Наклоненная башня Пизы может стоять тысячу лет, а найдись доброхот, желающий ее подправить, может рухнуть как миленькая. В живое, живущее нельзя влезать пальцами, чтоб посмотреть, а что там внутри. Но так бывает сплошь и рядом: выстраиваешь одну мысль, холишь ее, любишь, а ноги лезут в ботинки, а руки ищут рукав. Глядь — а ты уже готов для совершения абсолютно противоположного мудрой мысли действа. Павел, правда, еще ничего подобного не сделал, мысль о действии он тоже продумал и вот сейчас собирался задать главный вопрос Тоне.
— Я ничего не знаю доподлинно… — сказал он.

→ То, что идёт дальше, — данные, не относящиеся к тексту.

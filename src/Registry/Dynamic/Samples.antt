-- ===== src/Registry/Dynamic/Samples.antt =====
-- A run of the dynamic registry of internal/registry/dynamic.go: an agent registers and another one
-- goes away.
use daedalus.Prelude.{
  Bool-cases, inl, inr, has_key, str_eq, str_eq_comm, ◌≡◌, refl, sym, ap, true, Option, none, some,
  List, [], ◌∷◌, ◌&&◌, if◌then◌else◌, is_empty, is_nil, Str, codes, Result, ok, err, ok-injective,
  Map, lookup, insert, delete, member,
}
use daedalus.Prelude.Int.{ℤ, pos, negsuc}
use daedalus.A2a.{AgentSkill}
use daedalus.Registry.Types.{AgentEntry}
use daedalus.Registry.Dynamic.{DynamicRegistry, run_events, find_by_name}
use daedalus.Registry.Dynamic.Store.{
  Nats, DynamicConfig, created, found_keys, Bucket, new_dynamic_registry, Op, registering, expiring,
  deregistering, run_ops,
}
use daedalus.Registry.Dynamic.Mirrors.{served, follows_bucket}

-- An entry with a name and a port only.
abbrev bare : Str → Str → Str → List AgentSkill → Str → Str → ℤ → AgentEntry
bare name description version skills subject runtime port = record {
  card = record { name = name; description = description; version = version; skills = skills };
  queue_subject = subject;
  runtime = runtime;
  acp_port = port;
}

abbrev agent : Str → ℤ → AgentEntry
agent name port = bare name [] [] [] [] [] port

abbrev with_port : ℤ → Str → Result Str Str
with_port (pos n) name = ok (n ∷ name)
with_port (negsuc n) name = err (codes "unsupported")

-- Encodes the entries of this kind.
abbrev marshal : AgentEntry → Result Str Str
marshal e =
    if is_nil e.card.skills
      && is_empty e.card.description
      && is_empty e.card.version
      && is_empty e.queue_subject
      && is_empty e.runtime
    then with_port e.acp_port e.card.name
    else err (codes "unsupported")

abbrev unmarshal : Str → Option AgentEntry
unmarshal [] = none
unmarshal (n ∷ name) = some (agent name (pos n))

fields-decode :
    (name description version : Str) (skills : List AgentSkill) (subject runtime : Str) (port : ℤ)
    (value : Str)
    → marshal (bare name description version skills subject runtime port) ≡ ok value
    → unmarshal value ≡ some (bare name description version skills subject runtime port)
fields-decode name [] [] [] [] [] (pos n) value h = ap unmarshal (sym (ok-injective h))
fields-decode name [] [] [] [] [] (negsuc n) value h = absurd (cc)
fields-decode name description version (x ∷ skills) subject runtime port value h = absurd (cc)
fields-decode name (x ∷ description) version [] subject runtime port value h = absurd (cc)
fields-decode name [] (x ∷ version) [] subject runtime port value h = absurd (cc)
fields-decode name [] [] [] (x ∷ subject) runtime port value h = absurd (cc)
fields-decode name [] [] [] [] (x ∷ runtime) port value h = absurd (cc)

marshal-decodes : (e : AgentEntry) (value : Str) → marshal e ≡ ok value → unmarshal value ≡ some e
marshal-decodes e value h =
    fields-decode e.card.name e.card.description e.card.version e.card.skills e.queue_subject
      e.runtime e.acp_port value h

abbrev quote : Str → Str
quote name = name

abbrev entries : Map Str
entries = (codes "a", 1 ∷ codes "a") ∷ []

abbrev nats : Nats
nats = record {
  jetstream = none;
  create_key_value = λ bucket ttl. created;
  key_value = λ bucket. none;
  keys = found_keys (codes "a" ∷ []);
  get = λ key. lookup key entries;
}

abbrev read : Str → Result Str (Option (List AgentEntry))
read path = err (codes "no such file")

abbrev config : DynamicConfig
config = record { fallback_path = []; ttl = pos 0 }

abbrev synced : DynamicRegistry
synced = record { agents = (codes "a", agent (codes "a") (pos 1)) ∷ []; fallback = none }

-- The Put of b takes effect although its context is cancelled first.
abbrev ops : List Op
ops =
    registering (record { applied = true; answer = none; ctx_err = some (codes "cancelled") })
      (agent (codes "b") (pos 2))
    ∷ deregistering (record { applied = true; answer = none; ctx_err = none }) (codes "a")
    ∷ []

abbrev after : Bucket
after = run_ops quote marshal ops (record { entries = entries; updates = [] })

known : (name : Str) → member name (codes "a" ∷ []) ≡ has_key name entries
unfolding member lookup str_eq
known name = elim (Bool-cases (str_eq (codes "a") name)) [
  | inl same ↦ rw (str_eq_comm name (codes "a"), same) refl
  | inr other ↦ rw (str_eq_comm name (codes "a"), other) refl
]

follows_bucket_example :
    find_by_name (codes "b") (run_events unmarshal after.updates synced)
    ≡ served unmarshal none after.entries (codes "b")
unfolding new_dynamic_registry insert lookup str_eq
follows_bucket_example =
    follows_bucket quote marshal unmarshal nats read config synced entries ops (codes "b")
      marshal-decodes known (λ key. refl) refl tt

-- b is found.
found_after : served unmarshal none after.entries (codes "b") ≡ some (agent (codes "b") (pos 2))
unfolding run_ops lookup insert delete str_eq
found_after = refl

-- An entry whose TTL runs out leaves the bucket, but the cache is not told.
abbrev expired : Bucket
expired =
    run_ops quote marshal (expiring (codes "a") ∷ []) (record { entries = entries; updates = [] })

expired_served :
    (find_by_name (codes "a") (run_events unmarshal expired.updates synced)
      ≡ some (agent (codes "a") (pos 1)))
    × (served unmarshal none expired.entries (codes "a") ≡ none)
unfolding run_ops lookup delete str_eq find_by_name run_events
expired_served = (refl, refl)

— До чего? — переспросила она, хотя прекрасно все слышала, но она знала, что будет разговор о записке, что Павел что-то решил и сейчас будет втягивать ее в то, во что она не то что не хочет вмешиваться, но одновременно и хочет, еще как! Зачем она, кретинка, оставила эту бумажку? Надо было ее выкинуть. Но не факт, что не подбросят другую или не сообщат Павлу лично. Но это другое дело. Она же сама — сама! — подложила бомбу неизвестного заряда в дом, где посапывает ангел! Она
— Я не знаю, насколько все верно, — повторил Павел.
— Но ребенок есть?.. — спросила Тоня.
— Я говорил тебе, что было.
— Я помню. Редкий случай, но, конечно, бывает, что с первого раза…
— Ну — Ну пойди посмотри, может, тот лучше этого.
— Идиотка! — закричал Павел. — Разве в этом дело, кто лучше? Нашему-то хорошо, я знаю наверняка, но вдруг тому плохо? Я это должен узнать, как, по-твоему?
«Нашему хорошо» — вот что он сказал. Но он не сказал, что он самый прекрасный из всех возможных детей.
Мысли были именно такие, и Тоня поклялась, что, если Павел не скажет этого, она уйдет с ребенком, и пусть он приносит себе другого.
— А если тот понравится тебе больше? — спросила она.
И столько в ее голосе было ужаса, что Павел все понял, всю тягомотину этого разговора. «Бабы все-таки дуры, — привычно сложилась мысль, — но с другой стороны…» Он подошел к кроватке и, глядя на сына, сказал отчетливо, как по шпаргалке, хотя это была чистая правда:
— Лучше нашего нет, дурочка. Я смотрю теперь на детей… Красивых много, а такого нет…
— Ты давно это понял? — спросила Тоня.
— Сразу! Это же было видно сразу!
— А я только сегодня, — сказала она. — Я шесть недель была слепая.
Павел мог, конечно, сказать ей, что эта записка стала катализатором ее прозрения, но не стал, потому что Тоня настолько искренний человек, что, может, у нее так и было. Все с некоторым запозданием.
— Но ресницы-то ты хоть видела?
— Ресницы — да! — сказала она. И очень удивилась.
У мамы моей — она мне рассказывала — ресницы были в пол-лица. Досталось же ей! Ее дразнили Дунькой. Так звали соседскую свинью. С длиннющими белыми ресницами. Она же мне рассказывала, что однажды взяла ножницы и подстригла ресницы, чтоб быть как все.
Мама стала до такой степени как все, что Тоня с тех пор каждый день, выходя на улицу, вздрагивает, видя в каждой идущей женщине маму. Легкий наклон к земле не головы, а всего тела, иногда смешно, ноги как бы опаздывают за головой и плечами, хотя идут-то ноги.
Абсолютно серая кожа лица — такой цвет, никуда не денешься, не тронутый никакими пудрами-румянами. Черная юбка и серый мужской пиджак, даже для приличия не перезапахнутый на женскую сторону. Прямые коричневые волосы в лучке. Часто плохо вымытые, и тогда они лежат на голове не плотно, а оставляют светлые рядки бледной кожи.
Очень часто платочек, под подбородком схваченный. Тогда выступает нос, не носатый, нет, просто торчащий на безлюдье лица. Тысячи таких женщин в провинции, чуть меньше в Москве, но все равно их туча, и иногда ей хочется крикнуть им всем: «Мама!»
Как же мог родиться у нее, тоже не красавицы, такой сын? Это ее переполняет! От этого в ней бурлит что-то похожее на шампанское. Она его терпеть не может. Значит, не оно. Но шампанское — знак радости. На похоронах или там на сорок дней ему не полагается быть. Значит, в ней бурлит кровь! Так что ей сказал Павел? Что-то важное… Вот что!